Exercise instructions ::
Up to and including the line with "of the directory.", return every line from the start of the entries below exactly.

Entries supplied ::
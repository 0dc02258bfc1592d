-- ===== src/FileHandle/Create.antt =====
-- lib/file_handle.cc: creating and unlinking files.
use blockfs.Prelude.{ℕ, List, [], none, some, Bool, true, not, if◌then◌else◌}
use blockfs.File.{write_file_meta, remove_all_file_block, release_file}
use blockfs.DirHandle.{get_created_directory, get_created_directory_by_dh}
use blockfs.FileHandle.{
  transform_path, new_file, add_file_to_directory, remove_file_from_directory, find_file,
  get_created_file_by_fh,
}
use blockfs.State.{
  Action, ◌>>=◌, ◌>>◌, pure, fail_with, gets, modify, attempt, check, or_fail_with, set_errno,
  is_positive, on_file, on_file_meta, file_meta, enoent, eisdir,
}

-- `CreateFile`: for a temporary file the path is that of the directory.
unfoldable pub create_file : List ℕ → Bool → Action ℕ
create_file filename tmpfile = do
  (dirname, name) ← (if tmpfile then pure (filename, []) else transform_path filename)
  (dir, file) ← new_file dirname name tmpfile
  write_file_meta file
  add_file_to_directory dir file
  set_errno 0
  pure file

-- What `unlink` and `UnlinkFileNolock` do to a file that nobody has open.
abbrev pub remove_file_for_good : ℕ → ℕ → Action (Unit {0})
remove_file_for_good dir file = do
  remove_all_file_block file
  release_file file
  remove_file_from_directory dir file
  set_errno 0

-- `UnlinkFileNolock(fh)`.
unfoldable pub unlink_by_fh : ℕ → Action (Unit {0})
unlink_by_fh fh = do
  found ← attempt (get_created_file_by_fh fh)
  file ← or_fail_with found enoent
  dh ← gets (λ s. (file_meta file s).dh)
  parent ← attempt (get_created_directory_by_dh dh)
  dir ← or_fail_with parent eisdir
  modify λ s. on_file_meta file (λ m. record m { mtime = s.now; ctime = s.now }) s
  nlink ← gets (λ s. (s.files file).nlink)
  check (not (is_positive nlink))
  remove_file_for_good dir file

-- `unlink(filename)`: a file that is open is only marked.
unfoldable pub unlink : List ℕ → Action (Unit {0})
unlink filename = do
  directory ← attempt (get_created_directory filename)
  elim directory [ some _ ↦ fail_with eisdir | none ↦ pure tt ]
  (dirname, name) ← transform_path filename
  (dir, file) ← find_file dirname name
  nlink ← gets (λ s. (s.files file).nlink)
  if is_positive nlink
      then modify (on_file file λ o. record o { deleted = true })
      else remove_file_for_good dir file
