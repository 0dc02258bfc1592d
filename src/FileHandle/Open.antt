-- ===== src/FileHandle/Open.antt =====
-- lib/file_handle.cc: opening, duplicating, syncing and closing files.
use blockfs.Prelude.{
  ℕ, ◌%◌, List, none, some, Bool, true, false, ◌&&◌, ◌||◌, not, ltb, ◌==◌, if◌then◌else◌, bit, u32,
  nat_eq,
}
use blockfs.Prelude.Map.{insert, erase}
use blockfs.FdHandle.{get_fd, put_unsigned}
use blockfs.File.{minus_one_64}
use blockfs.File.Shrink.{ftruncate}
use blockfs.DirHandle.{get_created_directory}
use blockfs.FileHandle.{get_created_file, get_open_file}
use blockfs.FileHandle.Create.{create_file, unlink_by_fh}
use blockfs.File.{inc_link_count, dec_link_count}
use blockfs.State.{
  OpenFile, Action, ◌>>=◌, ◌>>◌, pure, fail, fail_with, gets, modify, attempt, fail_if, set_errno,
  fsync_device, on_fd_handle, on_file_handle, on_file, file_meta, emfile, eexist, enotdir, eisdir,
  einval, enoent,
}

-- The flags of open(2) on Linux. O_TMPFILE is bit 22 together with the bit of O_DIRECTORY.
abbrev o_wronly : ℕ → Bool
o_wronly = bit 0

abbrev o_rdwr : ℕ → Bool
o_rdwr = bit 1

abbrev o_creat : ℕ → Bool
o_creat = bit 6

abbrev o_excl : ℕ → Bool
o_excl = bit 7

abbrev o_trunc : ℕ → Bool
o_trunc = bit 9

abbrev o_append : ℕ → Bool
o_append = bit 10

abbrev o_directory : ℕ → Bool
o_directory = bit 16

-- `flags & O_TMPFILE` is not zero.
abbrev meets_o_tmpfile : ℕ → Bool
meets_o_tmpfile flags = bit 22 flags || o_directory flags

-- `VerifyOpenExistFileFlag`.
unfoldable pub verify_open_exist_file_flag : ℕ → Action (Unit {0})
verify_open_exist_file_flag flags = do
  fail_if (o_creat flags && o_excl flags) eexist
  fail_if (o_directory flags) enotdir

-- `IsNeedCreateTempFile`.
unfoldable pub is_need_create_temp_file : ℕ → Action Bool
is_need_create_temp_file flags =
    if not (meets_o_tmpfile flags)
    then pure false
    else (if not (o_rdwr flags) && not (o_wronly flags)
        then set_errno einval >> pure false
        else pure true)

-- The file that `open` is for, where no temporary one is wanted.
unfoldable pub open_named : List ℕ → ℕ → Action ℕ
open_named filename flags = do
  directory ← attempt (get_created_directory filename)
  elim directory [ some _ ↦ fail_with eisdir | none ↦ pure tt ]
  found ← attempt (get_created_file filename)
  elim found [
    | none ↦ if o_creat flags then create_file filename false else fail_with enoent
    | some file ↦ (do
      verify_open_exist_file_flag flags
      if o_trunc flags && (o_rdwr flags || o_wronly flags) then ftruncate file 0 else pure tt
      pure file)
  ]

-- `get_fd` into an unsigned 64-bit variable: the -1 of an empty pool becomes its largest value, so
-- the test `fd < 0` behind it never holds.
unfoldable pub get_fd_unsigned : Action ℕ
get_fd_unsigned = do
  (fd, rest) ← gets (λ s. get_fd s.fd_handle)
  modify (on_fd_handle λ _. rest)
  elim fd [ none ↦ set_errno emfile >> pure minus_one_64 | some n ↦ pure n ]

-- The descriptor as the `int` that is returned; a negative one is an error to the caller.
abbrev pub return_int : ℕ → Action ℕ
return_int fd = if ltb (fd % u32) 2147483648 then pure (fd % u32) else fail

abbrev add_open_file : ℕ → OpenFile → Action (Unit {0})
add_open_file fd f = modify (on_file_handle λ h. record h { open_files = insert fd f h.open_files })

-- The end of `open`: a descriptor, an OpenFile object at the position, and one more link.
unfoldable pub attach : ℕ → ℕ → Action ℕ
attach file append_pos = do
  fd ← get_fd_unsigned
  add_open_file fd (record { file = file; append_pos = append_pos })
  inc_link_count file
  set_errno 0
  return_int fd

-- `open`.
unfoldable pub open_file : List ℕ → ℕ → Action ℕ
open_file filename flags = do
  temp ← is_need_create_temp_file flags
  file ← (if temp then create_file filename true else open_named filename flags)
  size ← gets (λ s. (file_meta file s).size)
  attach file (if o_append flags then size else 0)

-- Removes a file that was temporary or marked, once its last descriptor is gone.
unfoldable pub collect : ℕ → Action (Unit {0})
collect file = do
  o ← gets (λ s. s.files file)
  m ← gets (file_meta file)
  if (o.nlink == 0) && (m.is_temp || o.deleted)
      then (attempt (unlink_by_fh m.fh) >> pure tt)
      else pure tt

-- `close`.
unfoldable pub close_file : ℕ → Action (Unit {0})
close_file fd = do
  f ← get_open_file fd
  attempt fsync_device
  modify (on_file f.file λ o. record o { locked = false })
  dec_link_count f.file
  collect f.file
  modify (on_file_handle λ h. record h { open_files = erase fd h.open_files })
  modify (on_fd_handle λ h. put_unsigned h fd)
  set_errno 0

-- `dup`: a second OpenFile object of the same file, at position 0.
unfoldable pub dup : ℕ → Action ℕ
dup oldfd = do f ← get_open_file oldfd; attach f.file 0

-- `fsync`.
unfoldable pub fsync : ℕ → Action (Unit {0})
fsync fd = do
  found ← attempt (get_open_file fd)
  elim found [ none ↦ fail_with enoent | some _ ↦ fsync_device ]
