-- ===== src/FileHandle/Descriptors.antt =====
-- Descriptors of open files (lib/file_handle.cc): what `open`, `dup` and `close` do to them.
use blockfs.Prelude.{
  ℕ, ◌%◌, ◌≤◌, ◌<◌, ◌≡◌, ◌⊎◌, inl, inr, refl, ap, ◌∙◌, ◌==◌, le→ltb_false, List, [], ◌∷◌, none,
  some, Option, false, Bool-cases, ◌≢◌, ◌++◌, arith, count, u32, lt→ltb, lt_or_ge, List-cases,
  nat_eq,
}
use blockfs.Prelude.Map.{find, find-insert_self, find-erase_self, find-erase_ne}
use blockfs.FdHandle.{get_fd, put_fd, put_unsigned}
use blockfs.FileHandle.{get_open_file}
use blockfs.File.{minus_one_64}
use blockfs.FileHandle.Open.{get_fd_unsigned, return_int, attach, collect, close_file}
use blockfs.State.{
  Fs, OpenFile, attempt, next_outcome, fsync_device, on_file, file_meta, decrement, ok, result,
  final, increment, ◌>>=◌,
}

pub return_int_small : (fd : ℕ) (s : Fs) → fd < 2147483648 → return_int fd s ≡ ok fd s
return_int_small fd s h =
    let same : fd % u32 ≡ fd = omega arith in rw (same, lt→ltb fd 2147483648 h) refl

-- A new descriptor: where the pool has one, it is taken, it names an open file at the position
-- given, and the file has one more link. Where the pool is empty the caller is told of an error, but
-- the file has one more link all the same, and an open file under a number that is no descriptor.
pub attach_lem :
    (file append_pos : ℕ) (s : Fs)
    → ((a : ℕ) → 2147483648 ≤ a → count a s.fd_handle.free_fd_pool ≡ 0)
    → let s' = final (attach file append_pos s) in
      ((s'.files file).nlink ≡ increment (s.files file).nlink)
      × (((s.fd_handle.free_fd_pool ≡ [])
            × (result (attach file append_pos s) ≡ none)
            × (find minus_one_64 s'.file_handle.open_files
                ≡ some (record { file = file; append_pos = append_pos })))
          ⊎ ((fd : ℕ) × (rest : List ℕ) × (s.fd_handle.free_fd_pool ≡ fd ∷ rest)
              × (result (attach file append_pos s) ≡ some fd)
              × (s'.fd_handle.free_fd_pool ≡ rest)
              × (find fd s'.file_handle.open_files
                  ≡ some (record { file = file; append_pos = append_pos }))))
unfolding attach get_fd_unsigned get_fd
attach_lem file append_pos s small = elim (List-cases s.fd_handle.free_fd_pool) [
  | inl empty ↦
      rw (empty, ◌>>=◌)
        (ground arith, inl (refl, refl, find-insert_self minus_one_64 _ s.file_handle.open_files))
  | inr (fd, rest, e) ↦
      let here : 0 < count fd s.fd_handle.free_fd_pool = rw e (ground arith) in
      let below : fd < 2147483648 = elim (lt_or_ge fd 2147483648) [
        | inl l ↦ l
        | inr l ↦ omega (arith, small fd l, here)
      ] in
      rw (e, ◌>>=◌) rw (λ (t : Fs). return_int_small fd t below)
        (
          ground arith,
          inr (fd, rest, refl, refl, refl, find-insert_self fd _ s.file_handle.open_files),
        )
]

-- The device behind an `fsync` that may have failed.
abbrev pub synced : Fs → Fs
synced s = record s { dev = (next_outcome s.dev).1 }

attempt-fsync_device :
    (s : Fs) → (r : Option (Unit {0})) × (attempt fsync_device s ≡ ok r (synced s))
unfolding fsync_device
attempt-fsync_device s = elim (Bool-cases (next_outcome s.dev).0) [
  | inl done ↦ (some tt, rw (done, attempt) refl)
  | inr lost ↦ (none, rw (lost, attempt) refl)
]

collect-keeps :
    (file : ℕ) (s : Fs)
    → (s.files file).deleted ≡ false
    → (file_meta file s).is_temp ≡ false
    → collect file s ≡ ok tt s
unfolding collect
collect-keeps file s kept lasting = elim (Bool-cases ((s.files file).nlink == 0)) [
  | inl unused ↦ rw (unused, kept, lasting) refl
  | inr used ↦ rw used refl
]

-- The file behind the first steps of a close.
abbrev released : ℕ → Fs → Fs
released file s =
    on_file file (λ o. record o { nlink = decrement o.nlink })
      (on_file file (λ o. record o { locked = false }) (synced s))

-- Closing a descriptor of a file that stays: it names no file any more, it is the last of the free
-- ones, the file has one link less and no lock, and no other descriptor changes; a failed sync of
-- the device does not stop it.
pub close_file_lem :
    (fd : ℕ) (f : OpenFile) (s : Fs)
    → find fd s.file_handle.open_files ≡ some f
    → (s.files f.file).deleted ≡ false
    → (file_meta f.file s).is_temp ≡ false
    → fd ≤ s.fd_handle.max_fd_num
    → let s' = final (close_file fd s) in
      (result (close_file fd s) ≡ some tt)
      × (find fd s'.file_handle.open_files ≡ none)
      × ((other : ℕ)
          → other ≢ fd
          → find other s'.file_handle.open_files ≡ find other s.file_handle.open_files)
      × (s'.fd_handle.free_fd_pool ≡ s.fd_handle.free_fd_pool ++ fd ∷ [])
      × ((s'.files f.file).nlink ≡ decrement (s.files f.file).nlink)
      × ((s'.files f.file).locked ≡ false)
unfolding close_file get_open_file collect put_unsigned put_fd
close_file_lem fd f s found kept lasting below =
    let file = f.file in
    let same_meta : ((released file s).files file).meta ≡ (s.files file).meta = ground arith in
    let same_mark : ((released file s).files file).deleted ≡ false = ground (arith, kept) in
    let same_kind : (file_meta file (released file s)).is_temp ≡ false =
      ap (λ i. (s.file_handle.metas i).is_temp) same_meta ∙ lasting in
    let stays = collect-keeps file (released file s) same_mark same_kind in
    rw (found, ◌>>=◌) rw ((attempt-fsync_device s).1, ◌>>=◌) rw
      (stays, ◌>>=◌, le→ltb_false s.fd_handle.max_fd_num fd below)
      (
        refl,
        find-erase_self fd s.file_handle.open_files,
        (λ other ne. find-erase_ne other fd s.file_handle.open_files ne),
        refl,
        ground arith,
        ground arith,
      )
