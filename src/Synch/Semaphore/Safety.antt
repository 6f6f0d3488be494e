-- ===== src/Synch/Semaphore/Safety.antt =====
-- What holds of the threads that use one semaphore, in every reachable state.
use os161_project_c.Base.{
  ℕ, zero, suc, ◌^◌, ◌<◌, ◌≡◌, refl, ◌≢◌, ◌⊎◌, inl, inr, true, false, Option, none, List, [], ◌∷◌,
  arith, weigh-some, Bool-cases, Option-cases,
}
use os161_project_c.Synch.Semaphore.{
  Semaphore, Pc, outside, p_spin, p_test, p_asleep, p_woken, p_take, p_leave, v_spin, v_add,
  v_check, v_wake, v_leave, stopped, Move, p_lock, sleep, relock, pass, take, take_fails, p_unlock,
  v_lock, add, add_holds, add_fails, wake_none, wake_one, v_unlock, System, Reach,
}
use os161_project_c.Synch.Semaphore.Invariant.{holds_lock, serves, Inv}
use os161_project_c.Synch.Semaphore.Moves.{Reach-Inv}

-- Two threads are never at once between the spinlock_acquire and the spinlock_release of P or V.
pub sem_lock-exclusive :
    {n count : ℕ} {s : System}
    → count < 2 ^ 32
    → Reach n count s
    → (i j : ℕ) → holds_lock (s.pc i) ≡ true
    → holds_lock (s.pc j) ≡ true
    → i ≡ j
sem_lock-exclusive small r i j in_i in_j =
    let inv = Reach-Inv small r in ground (arith, inv.holder i in_i, inv.holder j in_j)

pub data Enabled (i : ℕ) (s : Semaphore) (p : Pc) : Type 0 where
  can : {m : Semaphore} {p' : Pc} {woken : Option ℕ} → Move i s p m p' woken → Enabled i s p

count-cases : (c : ℕ) → (c ≡ 0) ⊎ (0 < c)
count-cases zero = inl refl
count-cases (suc c) = inr (omega arith)

wake-Enabled : (i : ℕ) (s : Semaphore) (l : List ℕ) → s.sem_wchan ≡ l → Enabled i s v_wake
wake-Enabled i s [] e = can (wake_none e)
wake-Enabled i s (target ∷ rest) e = can (wake_one e)

-- A thread that holds the spinlock never waits.
holds_lock-Enabled :
    (i : ℕ) (s : Semaphore) (p : Pc) → holds_lock p ≡ true → p ≢ stopped → Enabled i s p
holds_lock-Enabled i s p_test h running = elim (count-cases s.sem_count) [
  | inl empty ↦ can (sleep empty)
  | inr more ↦ can (pass (omega arith))
]
holds_lock-Enabled i s p_take h running = elim (count-cases s.sem_count) [
  | inl empty ↦ can (take_fails empty)
  | inr more ↦ can (take more)
]
holds_lock-Enabled i s p_leave h running = can p_unlock
holds_lock-Enabled i s v_add h running = can add
holds_lock-Enabled i s v_check h running = elim (count-cases s.sem_count) [
  | inl empty ↦ can (add_fails empty)
  | inr more ↦ can (add_holds more)
]
holds_lock-Enabled i s v_wake h running = wake-Enabled i s s.sem_wchan refl
holds_lock-Enabled i s v_leave h running = can v_unlock
holds_lock-Enabled i s stopped h running = absurd (running refl)
holds_lock-Enabled i s outside h running = cc
holds_lock-Enabled i s p_spin h running = cc
holds_lock-Enabled i s p_asleep h running = cc
holds_lock-Enabled i s p_woken h running = cc
holds_lock-Enabled i s v_spin h running = cc

-- With the spinlock free, a thread in a call can move unless it sleeps.
free-Enabled :
    (i : ℕ) (s : Semaphore) (p : Pc)
    → s.sem_lock ≡ none
    → p ≢ outside
    → p ≢ p_asleep
    → holds_lock p ≡ false
    → Enabled i s p
free-Enabled i s p_spin free calls awake h = can (p_lock free)
free-Enabled i s p_woken free calls awake h = can (relock free)
free-Enabled i s v_spin free calls awake h = can (v_lock free)
free-Enabled i s outside free calls awake h = absurd (calls refl)
free-Enabled i s p_asleep free calls awake h = absurd (awake refl)
free-Enabled i s p free calls awake h = absurd (ground arith)

-- Some thread that is in a call of P or V can make a step.
abbrev pub Progress : ℕ → System → Type 0
Progress n s = (i : ℕ) × (i < n) × (s.pc i ≢ outside) × Enabled i s.sem (s.pc i)

-- P and V never deadlock: while a thread is in a call and not asleep, some thread in a call can
-- make a step, unless an assertion has stopped the kernel.
pub sem_no_deadlock :
    {n count : ℕ} {s : System}
    → count < 2 ^ 32
    → Reach n count s
    → ((i : ℕ) → s.pc i ≢ stopped)
    → (k : ℕ) → s.pc k ≢ outside
    → s.pc k ≢ p_asleep
    → Progress n s
sem_no_deadlock {n} {s} small r running k calls awake = elim (Option-cases s.sem.sem_lock) [
  | inl free ↦ elim (Bool-cases (holds_lock (s.pc k))) [
    | inl holds ↦ (k, called k calls, calls, holds_lock-Enabled k s.sem (s.pc k) holds (running k))
    | inr waits ↦ (k, called k calls, calls, free-Enabled k s.sem (s.pc k) free calls awake waits)
  ]
  | inr (j, taken) ↦
      let holds = inv.held j taken in
      let inside : s.pc j ≢ outside = ground arith in
      (j, called j inside, inside, holds_lock-Enabled j s.sem (s.pc j) holds (running j))
]
  where
    inv : Inv n s.sem s.pc
    inv = Reach-Inv small r

    called : (i : ℕ) → s.pc i ≢ outside → i < n
    called i h = ground (arith, inv.known i)

-- No lost wakeup: while a thread sleeps on a semaphore whose count is not 0, some thread that is
-- in a call of P or V can make a step, unless an assertion has stopped the kernel.
pub sem_no_lost_wakeup :
    {n count : ℕ} {s : System}
    → count < 2 ^ 32
    → Reach n count s
    → ((i : ℕ) → s.pc i ≢ stopped)
    → (k : ℕ) → s.pc k ≡ p_asleep
    → 0 < s.sem.sem_count
    → Progress n s
sem_no_lost_wakeup {n} {s} small r running k sleeps units =
    let inv = Reach-Inv small r in
    let (i, low, weighs) = weigh-some serves s.pc n (ground (arith, inv.served, inv.queued k)) in
    sem_no_deadlock small r running i (ground arith) (ground arith)
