-- ===== src/Synch/Semaphore/Tests.antt =====
-- Runs of a semaphore on two threads.
use os161_project_c.Base.{ℕ, ◌+◌, ◌≤◌, ◌≡◌, refl, ◌≢◌, true, some, arith}
use os161_project_c.Synch.Semaphore.{
  sem_create, stopped, call_p, p_lock, sleep, call_v, v_lock, add, make_runnable, System, runs,
  Reach, begins, goes_on, created,
}
use os161_project_c.Synch.Semaphore.Safety.{Progress, sem_no_lost_wakeup}
use os161_project_c.Synch.Semaphore.Ledger.{takes, gives, sem_count-bounded, sem_count-balanced}

sem_create-new : sem_create true true true 7 ≡ some (created 7).sem
unfolding sem_create
sem_create-new = refl

-- Thread 0 sleeps in P.
abbrev sleeping : (s : System) × Reach 2 0 s
unfolding make_runnable
sleeping = (
  _,
  goes_on
      (goes_on (goes_on begins (runs 0 (omega arith) call_p)) (runs 0 (omega arith) (p_lock refl)))
      (runs 0 (omega arith) (sleep refl)),
)

-- Then thread 1 adds a unit in V.
abbrev adding : (s : System) × Reach 2 0 s
unfolding make_runnable
adding = (
  _,
  goes_on
      (goes_on (goes_on sleeping.1 (runs 1 (omega arith) call_v))
        (runs 1 (omega arith) (v_lock refl)))
      (runs 1 (omega arith) add),
)

adding-runs : (i : ℕ) → adding.0.pc i ≢ stopped
unfolding make_runnable
adding-runs i e = ground arith

sem_no_lost_wakeup_example : Progress 2 adding.0
unfolding make_runnable
sem_no_lost_wakeup_example =
    sem_no_lost_wakeup (omega arith) adding.1 adding-runs 0 refl (omega arith)

sem_count-bounded_example : takes adding.1 ≤ 0 + gives adding.1
sem_count-bounded_example = sem_count-bounded (omega arith) adding.1

sem_count-balanced_example : sleeping.0.sem.sem_count + takes sleeping.1 ≡ 0 + gives sleeping.1
unfolding make_runnable
sem_count-balanced_example =
    sem_count-balanced (omega arith) sleeping.1 λ j. (λ e. ground arith, λ e. ground arith)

Finished exercise ::
repository 0dc02258bfc1592d
-- ===== src/FileHandle/Create.antt =====
-- lib/file_handle.cc: creating and unlinking files.
use blockfs.Prelude.{ℕ, List, [], none, some, Bool, true, not, if◌then◌else◌}
use blockfs.File.{write_file_meta, remove_all_file_block, release_file}
use blockfs.DirHandle.{get_created_directory, get_created_directory_by_dh}
use blockfs.FileHandle.{
  transform_path, new_file, add_file_to_directory, remove_file_from_directory, find_file,
  get_created_file_by_fh,
}
use blockfs.State.{
  Action, ◌>>=◌, ◌>>◌, pure, fail_with, gets, modify, attempt, check, or_fail_with, set_errno,
  is_positive, on_file, on_file_meta, file_meta, enoent, eisdir,
}

-- `CreateFile`: for a temporary file the path is that of the directory.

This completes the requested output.